▸ **THE PROBLEM**: Only the lines from the beginning of the data below through the line that contains "let (e, k) = put_all-messages" should be repeated, exactly as written.

Items listed in a dataset
◆ ◆ ◆
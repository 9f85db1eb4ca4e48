-- ===== src/Storage/Polls.antt =====
-- A reader that polls with the id that it was given last.
use xchg.Base.{
  ℕ, ◌+◌, ◌≤◌, ◌<◌, ◌≡◌, ◌≢◌, refl, ap, ◌∙◌, sym, inl, inr, false, List, [], ◌∷◌, ◌++◌, arith, ltb,
  length, length-append, le→not-ltb, Bool-cases,
}
use mathlib.Core.Path.{subst}
use mathlib.Core.List.{append-nil, append_assoc}
use xchg.Base.Words.{IsNonneg}
use xchg.Storage.{Message, Storage, Batch, get_message, last_message, put, new_message}
use xchg.Storage.Collect.{wanted, contents, last_id_or}
use xchg.Storage.Order.{Ids, IsValid, Ids-le, Ids-append, last_message-bounds}
use xchg.Storage.Delivery.{pending, batch_of, get_message-pending}

-- Messages that are put one after the other.
unfoldable pub put_all : Storage → List Message → Storage
put_all c [] = c
put_all c (m ∷ ms) = put_all (put c m.id m.bytes m.touch_dt) ms

put-messages :
    (c : Storage) (m : Message)
    → length c.messages < c.max_messages
    → put c m.id m.bytes m.touch_dt
      ≡ record c { messages = c.messages ++ (m ∷ []); touch_dt = m.touch_dt }
unfolding put new_message
put-messages c m h = ground (arith, length-append c.messages (m ∷ []))

pub put_all-messages :
    (c : Storage) (ms : List Message)
    → length (c.messages ++ ms) ≤ c.max_messages
    → ((put_all c ms).messages ≡ c.messages ++ ms) × ((put_all c ms).max_messages ≡ c.max_messages)
unfolding put_all
put_all-messages c [] h = (sym (append-nil c.messages), refl)
put_all-messages c (m ∷ ms) h =
    let len = length-append c.messages (m ∷ ms) in
    let len' = length-append (c.messages ++ (m ∷ [])) ms in
    let len'' = length-append c.messages (m ∷ []) in
    let c1 : Storage = record c { messages = c.messages ++ (m ∷ []); touch_dt = m.touch_dt } in
    let (e, k) = put_all-messages c1 ms (omega arith) in
    rw (put-messages c m (omega arith), put_all) (e ∙ append_assoc c.messages (m ∷ []) ms, k)

-- Ids above the reader's are all wanted, ids up to the reader's are not.
pub wanted-above :
    (after_id lo : ℕ) (ms : List Message) (hi : ℕ)
    → after_id < lo
    → Ids lo ms hi
    → wanted after_id false ms ≡ ms
unfolding wanted
wanted-above after_id lo [] hi h ids = refl
wanted-above after_id lo (m ∷ ms) hi h (a, ids) =
    ground (arith, wanted-above after_id (m.id + 1) ms hi (omega arith) ids)

pub wanted-below :
    (after_id lo : ℕ) (ms : List Message) (hi : ℕ)
    → hi ≤ after_id + 1
    → Ids lo ms hi
    → wanted after_id false ms ≡ []
unfolding wanted
wanted-below after_id lo [] hi h ids = refl
wanted-below after_id lo (m ∷ ms) hi h (a, ids) =
    ground (arith, Ids-le (m.id + 1) ms hi ids, wanted-below after_id (m.id + 1) ms hi h ids)

pub wanted-append :
    (after_id : ℕ) (xs ys : List Message)
    → wanted after_id false (xs ++ ys) ≡ wanted after_id false xs ++ wanted after_id false ys
unfolding wanted
wanted-append after_id [] ys = refl
wanted-append after_id (x ∷ xs) ys = ground (arith, wanted-append after_id xs ys)

pub last_id_or-cons :
    (d : ℕ) (m : Message) (ms : List Message) → last_id_or d (m ∷ ms) ≡ (last_message m ms).id
unfolding last_id_or last_message
last_id_or-cons d m [] = refl
last_id_or-cons d m (x ∷ xs) = last_id_or-cons m.id x xs

last_id_or-wanted :
    (after_id lo : ℕ) (m : Message) (ms : List Message) (hi : ℕ)
    → Ids lo (m ∷ ms) hi
    → after_id ≤ (last_message m ms).id
    → last_id_or after_id (wanted after_id false (m ∷ ms)) ≡ (last_message m ms).id
unfolding wanted last_message
last_id_or-wanted after_id lo m [] hi (a, ids) le = unfold last_id_or in ground arith
last_id_or-wanted after_id lo m (x ∷ xs) hi (a, ids) le = elim (Bool-cases (ltb after_id m.id)) [
  | inl above ↦
      rw (above, wanted-above after_id (m.id + 1) (x ∷ xs) hi (ground arith) ids)
        (last_id_or-cons after_id m (x ∷ xs))
  | inr below ↦ rw below (last_id_or-wanted after_id (m.id + 1) x xs hi ids le)
]

-- The reader's next id is that of the last message in the storage.
last_id_or-pending :
    (after_id : ℕ) (m : Message) (ms : List Message) (hi : ℕ)
    → Ids 0 (m ∷ ms) hi
    → last_id_or after_id (pending (m ∷ ms) after_id) ≡ (last_message m ms).id
unfolding pending
last_id_or-pending after_id m ms hi ids = elim (Bool-cases (ltb (last_message m ms).id after_id)) [
  | inl reset ↦ rw (reset, pending) (last_id_or-cons after_id m ms)
  | inr keep ↦ rw (keep, pending) (last_id_or-wanted after_id 0 m ms hi ids (ground arith))
]

pub Ids-last :
    (lo : ℕ) (m : Message) (ms : List Message) (hi : ℕ)
    → Ids lo (m ∷ ms) hi
    → Ids lo (m ∷ ms) ((last_message m ms).id + 1)
unfolding last_message
Ids-last lo m [] hi (a, ids) = omega arith
Ids-last lo m (x ∷ xs) hi (a, ids) = (a, Ids-last (m.id + 1) x xs hi ids)

last_message-append :
    (m : Message) (ms news : List Message) (hi hi' : ℕ)
    → Ids 0 (m ∷ ms) hi
    → Ids hi news hi'
    → (last_message m ms).id ≤ (last_message m (ms ++ news)).id
unfolding last_message
last_message-append m [] news hi hi' (a, ids) n =
    (last_message-bounds m news 0 hi' (omega arith, Ids-append (m.id + 1) hi hi' [] news ids n)).0
last_message-append m (x ∷ xs) news hi hi' (a, (b, ids)) n =
    last_message-append x xs news hi hi' (omega arith, ids) n

-- What a reader at the last id of `m ∷ ms` has still to get when `news` have come.
pending-news :
    (m : Message) (ms news : List Message) (hi hi' : ℕ)
    → Ids 0 (m ∷ ms) hi
    → Ids hi news hi'
    → pending ((m ∷ ms) ++ news) (last_message m ms).id ≡ news
unfolding pending
pending-news m ms news hi hi' ids n =
    let last : ℕ = (last_message m ms).id in
    let stay : ltb (last_message m (ms ++ news)).id last ≡ false =
      le→not-ltb _ _ (last_message-append m ms news hi hi' ids n) in
    rw (stay, pending)
      (wanted-append last (m ∷ ms) news
        ∙ rw (
          wanted-below last 0 (m ∷ ms) (last + 1) (omega arith) (Ids-last 0 m ms hi ids),
          wanted-above last hi news hi' (last_message-bounds m ms 0 hi ids).1 n,
        ))

abbrev last_of : List Message → ℕ
last_of [] = 0
last_of (m ∷ ms) = (last_message m ms).id

-- After a poll that fits, the reader stands at an id from which only new messages are pending.
reader_at_last :
    (hi : ℕ) (c : Storage) (after_id max_size : ℕ) (ms : List Message)
    → c.messages ≡ ms
    → IsValid hi c
    → IsNonneg max_size
    → c.messages ≢ []
    → length (contents (pending c.messages after_id)) < max_size
    → ((get_message c after_id max_size).last_id ≡ last_of c.messages)
      × ((hi' : ℕ) (news : List Message)
          → Ids hi news hi'
          → pending (c.messages ++ news) (last_of c.messages) ≡ news)
reader_at_last hi c after_id max_size [] e v hm some_there fits = absurd (some_there e)
reader_at_last hi c after_id max_size (m ∷ ms) e v hm some_there fits =
    let ids : Ids 0 (m ∷ ms) hi = subst (λ l. Ids 0 l hi) e v.ids in
    (
      ap (λ (b : Batch). b.last_id) (get_message-pending hi c after_id max_size v hm fits)
          ∙ rw e (last_id_or-pending after_id m ms hi ids),
      λ hi' news n. rw e (pending-news m ms news hi hi' ids n),
    )

-- Two polls in turn, with new messages in between, neither lose nor repeat a message: the second,
-- asked with the id that the first returned, returns exactly the new messages. (The ids rise, what
-- is pending fits each answer, the storage has room for the new messages and is not empty at the
-- first poll, and nothing is cleared between the polls.)
pub get_message_in_turn :
    (hi hi' : ℕ) (c : Storage) (news : List Message) (after_id max_size : ℕ)
    → IsValid hi c
    → Ids hi news hi'
    → IsNonneg max_size
    → c.messages ≢ []
    → length (c.messages ++ news) ≤ c.max_messages
    → length (contents (pending c.messages after_id)) < max_size
    → length (contents news) < max_size
    → get_message (put_all c news) (get_message c after_id max_size).last_id max_size
      ≡ batch_of (get_message c after_id max_size).last_id news
get_message_in_turn hi hi' c news after_id max_size v n hm some_there room fits fits' =
    let at : ℕ = last_of c.messages in
    let (q, eq) = reader_at_last hi c after_id max_size c.messages refl v hm some_there fits in
    let (held, cap) = put_all-messages c news room in
    let w : IsValid hi' (put_all c news) = record {
      ids = rw held (Ids-append 0 hi hi' c.messages news v.ids n);
      room = rw (held, cap) room;
    } in
    let left : pending (put_all c news).messages at ≡ news =
      ap (λ l. pending l at) held ∙ eq hi' news n in
    rw q (
      get_message-pending hi' (put_all c news) at max_size w hm (rw left fits')
      ∙ ap (batch_of at) left)
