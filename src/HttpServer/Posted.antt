-- ===== src/HttpServer/Posted.antt =====
-- The storages of a router after a row of frames that were posted to router/http_server.go
-- `processW`, one in each request.
use xchg.Base.{
  ℕ, true, ap, suc, ◌+◌, ◌≤◌, ◌<◌, ◌≡◌, ◌≢◌, refl, ◌∙◌, inl, inr, List, [], ◌∷◌, arith, length, map,
  All, bytes_eq, bytes_eq→eq, bytes_eq_refl, Bool-cases, if◌then◌else◌,
}
use mathlib.Core.Path.{subst}
use xchg.Base.Words.{word_mod}
use xchg.Bytes.{IsByte}
use xchg.Transaction.{Frame, marshal}
use xchg.Storage.{Message, Storage, new_message, put}
use xchg.Storage.Collect.{contents}
use xchg.Storage.Order.{Ids, Ids-weaken}
use xchg.Storage.Polls.{put_all}
use xchg.Framing.Split.{end_to_end}
use xchg.Router.{Router, Addresses, hex_encode, insert, storage_of, put_to, declare_http_request_w}
use xchg.Router.Addresses.{lookup-insert_self, lookup-insert_ne, hex_encode-injective}

-- A request for each frame, all at the time `now`.
unfoldable pub post_frames : Router → List Frame → ℕ → Router
post_frames c [] now = c
post_frames c (f ∷ fs) now =
    post_frames (put_to (declare_http_request_w c) (hex_encode f.dest_address) (marshal f) now) fs
      now

-- The frames for one address.
unfoldable pub frames_for : List ℕ → List Frame → List Frame
frames_for address [] = []
frames_for address (f ∷ fs) =
    if bytes_eq f.dest_address address then f ∷ frames_for address fs else frames_for address fs

pub frames_for-own :
    (address : List ℕ) (fs : List Frame)
    → All (λ (f : Frame). f.dest_address ≡ address) fs
    → frames_for address fs ≡ fs
unfolding frames_for
frames_for-own address [] a = refl
frames_for-own address (f ∷ fs) (at, a) =
    let mine : bytes_eq f.dest_address address ≡ true =
      ap (λ d. bytes_eq d address) at ∙ bytes_eq_refl address in
    rw (mine, frames_for-own address fs a) refl

pub frames_for-All :
    (P : Frame → Type 0) (address : List ℕ) (fs : List Frame)
    → All P fs
    → All P (frames_for address fs)
unfolding frames_for
frames_for-All P address [] a = tt
frames_for-All P address (f ∷ fs) (p, a) = ground (arith, frames_for-All P address fs a)

-- The messages that they are, when the next id is `id`.
unfoldable pub messages_for : List ℕ → ℕ → List Frame → ℕ → List Message
messages_for address id [] now = []
messages_for address id (f ∷ fs) now =
    if bytes_eq f.dest_address address
    then new_message id (marshal f) now ∷ messages_for address (id + 1) fs now
    else messages_for address (id + 1) fs now

pub contents-messages_for :
    (address : List ℕ) (id : ℕ) (fs : List Frame) (now : ℕ)
    → contents (messages_for address id fs now) ≡ end_to_end (map marshal (frames_for address fs))
unfolding messages_for frames_for contents new_message
contents-messages_for address id [] now = refl
contents-messages_for address id (f ∷ fs) now =
    ground (arith, contents-messages_for address (id + 1) fs now)

pub length-messages_for :
    (address : List ℕ) (id : ℕ) (fs : List Frame) (now : ℕ)
    → length (messages_for address id fs now) ≡ length (frames_for address fs)
unfolding messages_for frames_for
length-messages_for address id [] now = refl
length-messages_for address id (f ∷ fs) now =
    ground (arith, length-messages_for address (id + 1) fs now)

pub length-frames_for :
    (address : List ℕ) (fs : List Frame) → length (frames_for address fs) ≤ length fs
unfolding frames_for
length-frames_for address [] = omega arith
length-frames_for address (f ∷ fs) = ground (arith, length-frames_for address fs)

pub messages_for-Ids :
    (address : List ℕ) (id : ℕ) (fs : List Frame) (now : ℕ)
    → Ids id (messages_for address id fs now) (id + length fs)
unfolding messages_for new_message
messages_for-Ids address id [] now = omega arith
messages_for-Ids address id (f ∷ fs) now =
    let rest = messages_for address (id + 1) fs now in
    let ids : Ids (id + 1) rest (id + suc (length fs)) =
      Ids-weaken (id + 1) (id + 1) rest (id + 1 + length fs) (id + suc (length fs)) (omega arith)
        (omega arith) (messages_for-Ids address (id + 1) fs now) in
    elim (Bool-cases (bytes_eq f.dest_address address)) [
      | inl same ↦ rw same (omega arith, ids)
      | inr other ↦ rw other (Ids-weaken (id + 1) id rest _ _ (omega arith) (omega arith) ids)
    ]

storage_of-insert_self :
    (key : List ℕ) (s : Storage) (m : Addresses) (now : ℕ) → storage_of key (insert key s m) now ≡ s
unfolding storage_of
storage_of-insert_self key s m now = rw (lookup-insert_self key s m, storage_of) refl

storage_of-insert_ne :
    (key key' : List ℕ) (s : Storage) (m : Addresses) (now : ℕ)
    → key ≢ key'
    → storage_of key' (insert key s m) now ≡ storage_of key' m now
unfolding storage_of
storage_of-insert_ne key key' s m now ne = rw (lookup-insert_ne key key' s m ne, storage_of) refl

-- The router after one request.
abbrev pub after_post : Router → Frame → ℕ → Router
after_post c f now = put_to (declare_http_request_w c) (hex_encode f.dest_address) (marshal f) now

after_post-next_id :
    (c : Router) (f : Frame) (now : ℕ)
    → c.next_id + 1 < word_mod
    → (after_post c f now).next_id ≡ c.next_id + 1
unfolding put_to declare_http_request_w
after_post-next_id c f now room = omega arith

pub post_frames-next_id :
    (c : Router) (fs : List Frame) (now : ℕ)
    → c.next_id + length fs < word_mod
    → (post_frames c fs now).next_id ≡ c.next_id + length fs
unfolding post_frames
post_frames-next_id c [] now room = omega arith
post_frames-next_id c (f ∷ fs) now room =
    let id = after_post-next_id c f now (omega arith) in
    omega (arith, id, post_frames-next_id (after_post c f now) fs now (omega (arith, id)))

after_post-stores :
    (c : Router) (f : Frame) (now : ℕ)
    → storage_of (hex_encode f.dest_address) (after_post c f now).addresses now
      ≡ put (storage_of (hex_encode f.dest_address) c.addresses now) c.next_id (marshal f) now
unfolding put_to declare_http_request_w
after_post-stores c f now = storage_of-insert_self (hex_encode f.dest_address) _ c.addresses now

after_post-keeps :
    (c : Router) (f : Frame) (key : List ℕ) (now : ℕ)
    → hex_encode f.dest_address ≢ key
    → storage_of key (after_post c f now).addresses now ≡ storage_of key c.addresses now
unfolding put_to declare_http_request_w
after_post-keeps c f key now ne =
    storage_of-insert_ne (hex_encode f.dest_address) key _ c.addresses now ne

module _ (address : List ℕ) (bytes : All IsByte address) where
  abbrev key : List ℕ
  key = hex_encode address

  -- The frames for the address are put to its storage, in order, with rising ids, and no others.
  pub storage_of-post_frames :
      (fs : List Frame) (c : Router) (now : ℕ)
      → All (λ (f : Frame). All IsByte f.dest_address) fs
      → c.next_id + length fs < word_mod
      → storage_of key (post_frames c fs now).addresses now
        ≡ put_all (storage_of key c.addresses now) (messages_for address c.next_id fs now)
  unfolding post_frames messages_for put_all new_message
  storage_of-post_frames [] c now a room = refl
  storage_of-post_frames (f ∷ fs) c now (b, a) room =
      let id = after_post-next_id c f now (omega arith) in
      let rest = storage_of-post_frames fs (after_post c f now) now a (omega (arith, id)) in
      elim (Bool-cases (bytes_eq f.dest_address address)) [
        | inl same ↦
            let at : f.dest_address ≡ address = bytes_eq→eq f.dest_address address same in
            let stored : storage_of key (after_post c f now).addresses now
                ≡ put (storage_of key c.addresses now) c.next_id (marshal f) now =
              subst
                (λ a.
                  storage_of (hex_encode a) (after_post c f now).addresses now
                  ≡ put (storage_of (hex_encode a) c.addresses now) c.next_id (marshal f) now)
                at (after_post-stores c f now) in
            rw same (rest ∙ rw (stored, id) refl)
        | inr other ↦
            let apart : hex_encode f.dest_address ≢ key = λ e. ground (
              arith,
              hex_encode-injective f.dest_address address b bytes e,
              bytes_eq_refl address,
            ) in
            rw other (rest ∙ rw (after_post-keeps c f key now apart, id) refl)
      ]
◆ ◆ ◆
▸ **SOLUTION FOR THIS EXERCISE**:
repository 9f85db1eb4ca4e48
-- ===== src/Storage/Polls.antt =====
-- A reader that polls with the id that it was given last.
use xchg.Base.{
  ℕ, ◌+◌, ◌≤◌, ◌<◌, ◌≡◌, ◌≢◌, refl, ap, ◌∙◌, sym, inl, inr, false, List, [], ◌∷◌, ◌++◌, arith, ltb,
  length, length-append, le→not-ltb, Bool-cases,
}
use mathlib.Core.Path.{subst}
use mathlib.Core.List.{append-nil, append_assoc}
use xchg.Base.Words.{IsNonneg}
use xchg.Storage.{Message, Storage, Batch, get_message, last_message, put, new_message}
use xchg.Storage.Collect.{wanted, contents, last_id_or}
use xchg.Storage.Order.{Ids, IsValid, Ids-le, Ids-append, last_message-bounds}
use xchg.Storage.Delivery.{pending, batch_of, get_message-pending}

-- Messages that are put one after the other.
unfoldable pub put_all : Storage → List Message → Storage
put_all c [] = c
put_all c (m ∷ ms) = put_all (put c m.id m.bytes m.touch_dt) ms

put-messages :
    (c : Storage) (m : Message)
    → length c.messages < c.max_messages
    → put c m.id m.bytes m.touch_dt
      ≡ record c { messages = c.messages ++ (m ∷ []); touch_dt = m.touch_dt }
unfolding put new_message
put-messages c m h = ground (arith, length-append c.messages (m ∷ []))

pub put_all-messages :
    (c : Storage) (ms : List Message)
    → length (c.messages ++ ms) ≤ c.max_messages
    → ((put_all c ms).messages ≡ c.messages ++ ms) × ((put_all c ms).max_messages ≡ c.max_messages)
unfolding put_all
put_all-messages c [] h = (sym (append-nil c.messages), refl)
put_all-messages c (m ∷ ms) h =
    let len = length-append c.messages (m ∷ ms) in
    let len' = length-append (c.messages ++ (m ∷ [])) ms in
    let len'' = length-append c.messages (m ∷ []) in
    let c1 : Storage = record c { messages = c.messages ++ (m ∷ []); touch_dt = m.touch_dt } in
    let (e, k) = put_all-messages c1 ms (omega arith) in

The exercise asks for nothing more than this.